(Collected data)
--------------------------------

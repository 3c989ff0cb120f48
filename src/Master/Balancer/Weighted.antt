-- ===== src/Master/Balancer/Weighted.antt =====
-- WeightedRoundRobinBalancer of internal/master/balancer.go, and the free slots of the nodes.
use native.Mathlib.Nat.{mod-lt}
use dist_command_exec.Prelude.{
  ℕ, zero, suc, ◌+◌, ◌-◌, ◌%◌, ◌≤◌, ◌<◌, ◌≡◌, refl, ap, ◌∙◌, Option, some, List, [], ◌∷◌, ◌++◌,
  arith, ltb, if◌then◌else◌, length, get_elem?, length-append, All,
}
use dist_command_exec.Prelude.Int.{
  pos, negsuc, pos_part, neg_part, half64, int64, int64_in_range, ◌+ℤ◌, ◌-ℤ◌,
}
use native.Mathlib.Decide.{dec_lt}
use dist_command_exec.Master.Registry.{NodeInfo, available_capacity}
use dist_command_exec.Master.Balancer.{
  next, total_weight, to_uint64, weighted_loop, select_by_weight, select_weighted,
}

-- The slots that a node has free; none if it is overloaded.
abbrev pub free : NodeInfo → ℕ
free n = pos_part (available_capacity n)

abbrev pub copies : ℕ → NodeInfo → List NodeInfo
copies zero n = []
copies (suc k) n = n ∷ copies k n

-- Each node as often as it has free slots.
abbrev pub slots : List NodeInfo → List NodeInfo
slots [] = []
slots (n ∷ ns) = copies (free n) n ++ slots ns

-- No node runs more tasks than its maximum.
abbrev pub IsWithin : NodeInfo → Type 0
IsWithin n = neg_part (available_capacity n) ≡ 0

length-copies : (k : ℕ) (n : NodeInfo) → length (copies k n) ≡ k
length-copies zero n = refl
length-copies (suc k) n = ap suc (length-copies k n)

get_elem?-copies :
    (k i : ℕ) (n : NodeInfo) (ns : List NodeInfo)
    → get_elem? (copies k n ++ ns) i ≡ (if ltb i k then some n else get_elem? ns (i - k))
get_elem?-copies zero i n ns = ground arith
get_elem?-copies (suc k) zero n ns = ground arith
get_elem?-copies (suc k) (suc i) n ns = ground (arith, get_elem?-copies k i n ns)

capacity-free : (n : NodeInfo) → IsWithin n → available_capacity n ≡ pos (free n)
capacity-free n h = ground arith

int64_add : (a b : ℕ) → a + b < half64 → int64 (pos a +ℤ pos b) ≡ pos (a + b)
unfolding int64 ◌+ℤ◌
int64_add a b h = ground arith

int64_sub_lt : (a b : ℕ) → a < b → b < half64 → int64 (pos a -ℤ pos b) ≡ negsuc (b - a - 1)
unfolding int64 ◌-ℤ◌
int64_sub_lt a b h k = ground arith

int64_sub_le : (a b : ℕ) → b ≤ a → a < half64 → int64 (pos a -ℤ pos b) ≡ pos (a - b)
unfolding int64 ◌-ℤ◌
int64_sub_le a b h k = ground arith

length-slots :
    (n : NodeInfo) (ns : List NodeInfo) → length (slots (n ∷ ns)) ≡ free n + length (slots ns)
length-slots n ns =
    omega (arith, length-append (copies (free n) n) (slots ns), length-copies (free n) n)

total_weight-slots :
    (acc : ℕ) (ns : List NodeInfo)
    → All IsWithin ns
    → acc + length (slots ns) < half64
    → total_weight (pos acc) ns ≡ pos (acc + length (slots ns))
unfolding total_weight
total_weight-slots acc [] h small = ground arith
total_weight-slots acc (n ∷ ns) h small =
    let room : acc + free n < half64 = omega (arith, length-slots n ns) in
    rw (capacity-free n h.0, int64_add acc (free n) room, length-slots n ns)
      (total_weight-slots (acc + free n) ns h.1 (omega (arith, length-slots n ns))
        ∙ ap pos (omega arith))

weighted_loop-slots :
    (target : ℕ) (fallback : NodeInfo) (ns : List NodeInfo)
    → All IsWithin ns
    → target < length (slots ns)
    → length (slots ns) < half64
    → some (weighted_loop (pos target) fallback ns) ≡ get_elem? (slots ns) target
unfolding weighted_loop
weighted_loop-slots target fallback [] h inside small = absurd (omega arith)
weighted_loop-slots target fallback (n ∷ ns) h inside small = elim (dec_lt target (free n)) [
  | yes hit ↦
      rw (capacity-free n h.0, int64_sub_lt target (free n) hit (omega (arith, length-slots n ns)))
        (ground (arith, get_elem?-copies (free n) target n (slots ns)))
  | no past ↦
      let rest : some (weighted_loop (pos (target - free n)) fallback ns)
          ≡ get_elem? (slots ns) (target - free n) =
        weighted_loop-slots (target - free n) fallback ns h.1 (omega (arith, length-slots n ns))
          (omega (arith, length-slots n ns)) in
      rw (capacity-free n h.0, int64_sub_le target (free n) (omega arith) (omega arith))
        (ground (arith, get_elem?-copies (free n) target n (slots ns), rest))
]

weigh_slots :
    (counter k : ℕ) (first : NodeInfo) (nodes : List NodeInfo) {slot : Option NodeInfo}
    → 0 < k
    → k < half64
    → some (weighted_loop (pos (next counter % k)) first nodes) ≡ slot
    → select_by_weight counter (pos k) first nodes ≡ (next counter, slot)
unfolding select_by_weight
weigh_slots counter k first nodes pos_k small chosen =
    let exact : to_uint64 (pos k) ≡ k = omega arith in
    let below : next counter % k < k = mod-lt (next counter) pos_k in
    rw (exact, int64_in_range (pos (next counter % k)) (omega arith, omega arith), ← chosen)
      (ground arith)

-- While no node runs more tasks than its maximum, some slot is free, and the number of free slots
-- is an int, the selection is a round-robin over the list in which each node stands once for each
-- of its free slots.
pub select_weighted-slots :
    (counter : ℕ) (nodes : List NodeInfo)
    → All IsWithin nodes
    → 0 < length (slots nodes)
    → length (slots nodes) < half64
    → select_weighted counter nodes
      ≡ (next counter, get_elem? (slots nodes) (next counter % length (slots nodes)))
unfolding select_weighted
select_weighted-slots counter [] h some_slot small = absurd (omega arith)
select_weighted-slots counter (n ∷ ns) h some_slot small =
    let weight : total_weight (pos 0) (n ∷ ns) ≡ pos (length (slots (n ∷ ns))) =
      total_weight-slots 0 (n ∷ ns) h (omega arith) ∙ ap pos (omega arith) in
    let target : next counter % length (slots (n ∷ ns)) < length (slots (n ∷ ns)) =
      mod-lt (next counter) some_slot in
    let loop : some (weighted_loop (pos (next counter % length (slots (n ∷ ns)))) n (n ∷ ns))
        ≡ get_elem? (slots (n ∷ ns)) (next counter % length (slots (n ∷ ns))) =
      weighted_loop-slots (next counter % length (slots (n ∷ ns))) n (n ∷ ns) h target small in
    rw weight (weigh_slots counter (length (slots (n ∷ ns))) n (n ∷ ns) some_slot small loop)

--------------------------------

**YOUR GOAL**. Transcribe the records above in full, exactly as they stand.

**OUTPUT OF THE EXERCISE**.
repository 3c989ff0cb120f48
filename src/Master/Balancer/Weighted.antt
-- ===== src/Master/Balancer/Weighted.antt =====
-- WeightedRoundRobinBalancer of internal/master/balancer.go, and the free slots of the nodes.
use native.Mathlib.Nat.{mod-lt}
use dist_command_exec.Prelude.{
  ℕ, zero, suc, ◌+◌, ◌-◌, ◌%◌, ◌≤◌, ◌<◌, ◌≡◌, refl, ap, ◌∙◌, Option, some, List, [], ◌∷◌, ◌++◌,
  arith, ltb, if◌then◌else◌, length, get_elem?, length-append, All,
}
use dist_command_exec.Prelude.Int.{
  pos, negsuc, pos_part, neg_part, half64, int64, int64_in_range, ◌+ℤ◌, ◌-ℤ◌,
}
use native.Mathlib.Decide.{dec_lt}
use dist_command_exec.Master.Registry.{NodeInfo, available_capacity}
use dist_command_exec.Master.Balancer.{
  next, total_weight, to_uint64, weighted_loop, select_by_weight, select_weighted,
}

-- The slots that a node has free; none if it is overloaded.
abbrev pub free : NodeInfo → ℕ
free n = pos_part (available_capacity n)

abbrev pub copies : ℕ → NodeInfo → List NodeInfo
copies zero n = []
copies (suc k) n = n ∷ copies k n

-- Each node as often as it has free slots.
abbrev pub slots : List NodeInfo → List NodeInfo
slots [] = []
slots (n ∷ ns) = copies (free n) n ++ slots ns

-- No node runs more tasks than its maximum.
abbrev pub IsWithin : NodeInfo → Type 0
IsWithin n = neg_part (available_capacity n) ≡ 0

length-copies : (k : ℕ) (n : NodeInfo) → length (copies k n) ≡ k
length-copies zero n = refl
length-copies (suc k) n = ap suc (length-copies k n)

get_elem?-copies :
    (k i : ℕ) (n : NodeInfo) (ns : List NodeInfo)
    → get_elem? (copies k n ++ ns) i ≡ (if ltb i k then some n else get_elem? ns (i - k))
get_elem?-copies zero i n ns = ground arith
get_elem?-copies (suc k) zero n ns = ground arith
get_elem?-copies (suc k) (suc i) n ns = ground (arith, get_elem?-copies k i n ns)

capacity-free : (n : NodeInfo) → IsWithin n → available_capacity n ≡ pos (free n)
capacity-free n h = ground arith

int64_add : (a b : ℕ) → a + b < half64 → int64 (pos a +ℤ pos b) ≡ pos (a + b)
unfolding int64 ◌+ℤ◌
int64_add a b h = ground arith

int64_sub_lt : (a b : ℕ) → a < b → b < half64 → int64 (pos a -ℤ pos b) ≡ negsuc (b - a - 1)
unfolding int64 ◌-ℤ◌
int64_sub_lt a b h k = ground arith

int64_sub_le : (a b : ℕ) → b ≤ a → a < half64 → int64 (pos a -ℤ pos b) ≡ pos (a - b)
unfolding int64 ◌-ℤ◌
int64_sub_le a b h k = ground arith

length-slots :
    (n : NodeInfo) (ns : List NodeInfo) → length (slots (n ∷ ns)) ≡ free n + length (slots ns)
length-slots n ns =
    omega (arith, length-append (copies (free n) n) (slots ns), length-copies (free n) n)

total_weight-slots :
    (acc : ℕ) (ns : List NodeInfo)
    → All IsWithin ns
    → acc + length (slots ns) < half64
    → total_weight (pos acc) ns ≡ pos (acc + length (slots ns))
unfolding total_weight
total_weight-slots acc [] h small = ground arith
total_weight-slots acc (n ∷ ns) h small =
    let room : acc + free n < half64 = omega (arith, length-slots n ns) in
    rw (capacity-free n h.0, int64_add acc (free n) room, length-slots n ns)
      (total_weight-slots (acc + free n) ns h.1 (omega (arith, length-slots n ns))
        ∙ ap pos (omega arith))

weighted_loop-slots :
    (target : ℕ) (fallback : NodeInfo) (ns : List NodeInfo)
    → All IsWithin ns
    → target < length (slots ns)
    → length (slots ns) < half64
    → some (weighted_loop (pos target) fallback ns) ≡ get_elem? (slots ns) target
unfolding weighted_loop
weighted_loop-slots target fallback [] h inside small = absurd (omega arith)
weighted_loop-slots target fallback (n ∷ ns) h inside small = elim (dec_lt target (free n)) [
  | yes hit ↦
      rw (capacity-free n h.0, int64_sub_lt target (free n) hit (omega (arith, length-slots n ns)))
        (ground (arith, get_elem?-copies (free n) target n (slots ns)))
  | no past ↦
      let rest : some (weighted_loop (pos (target - free n)) fallback ns)
          ≡ get_elem? (slots ns) (target - free n) =
        weighted_loop-slots (target - free n) fallback ns h.1 (omega (arith, length-slots n ns))
          (omega (arith, length-slots n ns)) in
      rw (capacity-free n h.0, int64_sub_le target (free n) (omega arith) (omega arith))
        (ground (arith, get_elem?-copies (free n) target n (slots ns), rest))
]

weigh_slots :
    (counter k : ℕ) (first : NodeInfo) (nodes : List NodeInfo) {slot : Option NodeInfo}
    → 0 < k
    → k < half64
    → some (weighted_loop (pos (next counter % k)) first nodes) ≡ slot
    → select_by_weight counter (pos k) first nodes ≡ (next counter, slot)
unfolding select_by_weight
weigh_slots counter k first nodes pos_k small chosen =
    let exact : to_uint64 (pos k) ≡ k = omega arith in
    let below : next counter % k < k = mod-lt (next counter) pos_k in
    rw (exact, int64_in_range (pos (next counter % k)) (omega arith, omega arith), ← chosen)
      (ground arith)

-- While no node runs more tasks than its maximum, some slot is free, and the number of free slots
-- is an int, the selection is a round-robin over the list in which each node stands once for each
-- of its free slots.
pub select_weighted-slots :
    (counter : ℕ) (nodes : List NodeInfo)
    → All IsWithin nodes
    → 0 < length (slots nodes)
    → length (slots nodes) < half64
    → select_weighted counter nodes
      ≡ (next counter, get_elem? (slots nodes) (next counter % length (slots nodes)))
unfolding select_weighted
select_weighted-slots counter [] h some_slot small = absurd (omega arith)
select_weighted-slots counter (n ∷ ns) h some_slot small =
    let weight : total_weight (pos 0) (n ∷ ns) ≡ pos (length (slots (n ∷ ns))) =
      total_weight-slots 0 (n ∷ ns) h (omega arith) ∙ ap pos (omega arith) in
    let target : next counter % length (slots (n ∷ ns)) < length (slots (n ∷ ns)) =
      mod-lt (next counter) some_slot in
    let loop : some (weighted_loop (pos (next counter % length (slots (n ∷ ns)))) n (n ∷ ns))
        ≡ get_elem? (slots (n ∷ ns)) (next counter % length (slots (n ∷ ns))) =
      weighted_loop-slots (next counter % length (slots (n ∷ ns))) n (n ∷ ns) h target small in
    rw weight (weigh_slots counter (length (slots (n ∷ ns))) n (n ∷ ns) some_slot small loop)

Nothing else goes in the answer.